§ Information provided
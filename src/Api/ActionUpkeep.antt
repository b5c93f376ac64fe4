-- ===== src/Api/ActionUpkeep.antt =====
-- internal/api/actions.go: the configurations of the stored actions over sequences of requests.
pub mod Steps
use hookwatch.Api.ActionConfig.{ActionLibs}
use hookwatch.Api.ActionHandlers.{
  ActionCall, CreateAction, UpdateAction, handle_create_action, handle_delete_action,
  handle_reorder, handle_update_action,
}
use hookwatch.Api.ActionRuns.{IsRunnable}
use hookwatch.Api.Answer.{HookCall, Server}
use hookwatch.Models.{Action}
use hookwatch.Prelude.{
  All, All-append, All-select, All-update_where, Bool, Bool-cases, List, Option, String, [], any,
  false, inl, inr, is_some, not, some, subst, sym, true, ℕ, ◌+◌, ◌||◌, ◌∷◌,
}
use hookwatch.Store.Actions.{
  LoopExit, action_missing, action_row, create_action, delete_action, end_reorder, finished,
  is_action, reorder_actions, reorder_loop, set_order, statement_failed, update_action,
  updated_action,
}
use hookwatch.Store.Db.{Db, action_exists, delete_actions_where, token_exists}
use hookwatch.Store.Order.{Transaction}

-- One request that writes actions.
pub data ActionRequest : Type 0 where
  creates_action : HookCall → ActionCall → Option CreateAction → ActionRequest
  updates_action : HookCall → ActionCall → String → Option UpdateAction → ActionRequest
  deletes_action : HookCall → ActionCall → String → ActionRequest
  reorders_actions : HookCall → Bool → (ℕ → Bool) → Option (List String) → ActionRequest

abbrev pub serve_action : ActionLibs → Server → Transaction → ActionRequest → Db → Db
serve_action lib server tx (creates_action hook_call call payload) db =
    (handle_create_action lib server hook_call call payload db).1
serve_action lib server tx (updates_action hook_call call id payload) db =
    (handle_update_action lib server hook_call call id payload db).1
serve_action lib server tx (deletes_action hook_call call id) db =
    (handle_delete_action server hook_call call id db).1
serve_action lib server tx (reorders_actions hook_call begin_fails fails ids) db =
    (handle_reorder tx server hook_call begin_fails fails ids db).1

abbrev pub serve_actions : ActionLibs → Server → Transaction → List ActionRequest → Db → Db
serve_actions lib server tx [] db = db
serve_actions lib server tx (r ∷ rs) db =
    serve_actions lib server tx rs (serve_action lib server tx r db)

-- A change of the type comes with a configuration.
abbrev pub sets_config : ActionRequest → Bool
sets_config (updates_action hook_call call id (some payload)) =
    not (is_some payload.type) || is_some payload.config
sets_config r = true

-- Every stored action is valid.
abbrev pub AllRunnable : ActionLibs → Db → Type 0
AllRunnable lib db = All (λ a. IsRunnable lib a.type a.config) db.actions

module _ (lib : ActionLibs) where
  pub create_action-AllRunnable :
      (fails : Bool) (a : Action) (db : Db)
      → IsRunnable lib a.type a.config
      → AllRunnable lib db
      → AllRunnable lib (create_action fails a db).1
  unfolding create_action action_row
  create_action-AllRunnable true a db c h = h
  create_action-AllRunnable false a db c h = elim (Bool-cases (action_exists a.uuid db)) [
    | inl e ↦ rw e h
    | inr e ↦ elim (Bool-cases (token_exists a.token_id db)) [
      | inl t ↦ rw (e, t) (All-append (λ a. IsRunnable lib a.type a.config) db.actions _ h (c, tt))
      | inr t ↦ rw (e, t) h
    ]
  ]

  pub update_action-AllRunnable :
      (fails : Bool) (a : Action) (db : Db)
      → IsRunnable lib a.type a.config
      → AllRunnable lib db
      → AllRunnable lib (update_action fails a db).1
  unfolding update_action updated_action
  update_action-AllRunnable true a db c h = h
  update_action-AllRunnable false a db c h =
      elim (Bool-cases (any (is_action a.token_id a.uuid) db.actions)) [
        | inl e ↦ rw e (
            All-update_where (λ a. IsRunnable lib a.type a.config) (is_action a.token_id a.uuid) _
              db.actions (λ row m k. c) h)
        | inr e ↦ rw e h
      ]

  pub delete_action-AllRunnable :
      (fails : Bool) (token_id id : String) (db : Db)
      → AllRunnable lib db
      → AllRunnable lib (delete_action fails token_id id db).1
  unfolding delete_action delete_actions_where
  delete_action-AllRunnable true token_id id db h = h
  delete_action-AllRunnable false token_id id db h =
      elim (Bool-cases (any (is_action token_id id) db.actions)) [
        | inl e ↦ rw e (
            All-select (λ a. IsRunnable lib a.type a.config) (λ a. not (is_action token_id id a))
              db.actions h)
        | inr e ↦ rw e h
      ]

  reorder_loop-All :
      (fails : ℕ → Bool) (i : ℕ) (token_id : String) (ids : List String) (actions : List Action)
      → All (λ a. IsRunnable lib a.type a.config) actions
      → All (λ a. IsRunnable lib a.type a.config) (reorder_loop fails i token_id ids actions).1
  unfolding reorder_loop set_order
  reorder_loop-All fails i token_id [] actions h = h
  reorder_loop-All fails i token_id (id ∷ ids) actions h = elim (Bool-cases (fails i)) [
    | inl f ↦ rw f h
    | inr f ↦ elim (Bool-cases (any (is_action token_id id) actions)) [
      | inl e ↦
          rw (f, e)
            (reorder_loop-All fails (i + 1) token_id ids _ (
              All-update_where (λ a. IsRunnable lib a.type a.config) (is_action token_id id) _
                actions (λ row m k. k) h))
      | inr e ↦ rw (f, e) h
    ]
  ]

  end_reorder-AllRunnable :
      (tx : Transaction) (db : Db) (r : LoopExit × List Action)
      → AllRunnable lib db
      → All (λ a. IsRunnable lib a.type a.config) r.1
      → AllRunnable lib (end_reorder tx db r).1
  unfolding end_reorder
  end_reorder-AllRunnable tx db (finished, actions) h k =
      subst (AllRunnable lib) (sym (tx.commits db (record db { actions = actions }))) k
  end_reorder-AllRunnable tx db (statement_failed, actions) h k =
      subst (AllRunnable lib) (sym (tx.rolls_back db (record db { actions = actions }))) h
  end_reorder-AllRunnable tx db (action_missing, actions) h k =
      subst (AllRunnable lib) (sym (tx.commits db (record db { actions = actions }))) k

  pub reorder_actions-AllRunnable :
      (tx : Transaction) (begin_fails : Bool) (fails : ℕ → Bool) (token_id : String)
      (ids : List String) (db : Db)
      → AllRunnable lib db
      → AllRunnable lib (reorder_actions tx begin_fails fails token_id ids db).1
  unfolding reorder_actions
  reorder_actions-AllRunnable tx true fails token_id ids db h = h
  reorder_actions-AllRunnable tx false fails token_id ids db h =
      end_reorder-AllRunnable tx db _ h (reorder_loop-All fails 0 token_id ids db.actions h)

§ Your instructions
Could you set down, exactly as written, the lines above between the one holding "a.type a.config) actions" and the one holding "reorder_loop-All fails i token_id (id", inclusive, and nothing more?

§ Solved problem
      → All (λ a. IsRunnable lib a.type a.config) actions
      → All (λ a. IsRunnable lib a.type a.config) (reorder_loop fails i token_id ids actions).1
  unfolding reorder_loop set_order
  reorder_loop-All fails i token_id [] actions h = h
  reorder_loop-All fails i token_id (id ∷ ids) actions h = elim (Bool-cases (fails i)) [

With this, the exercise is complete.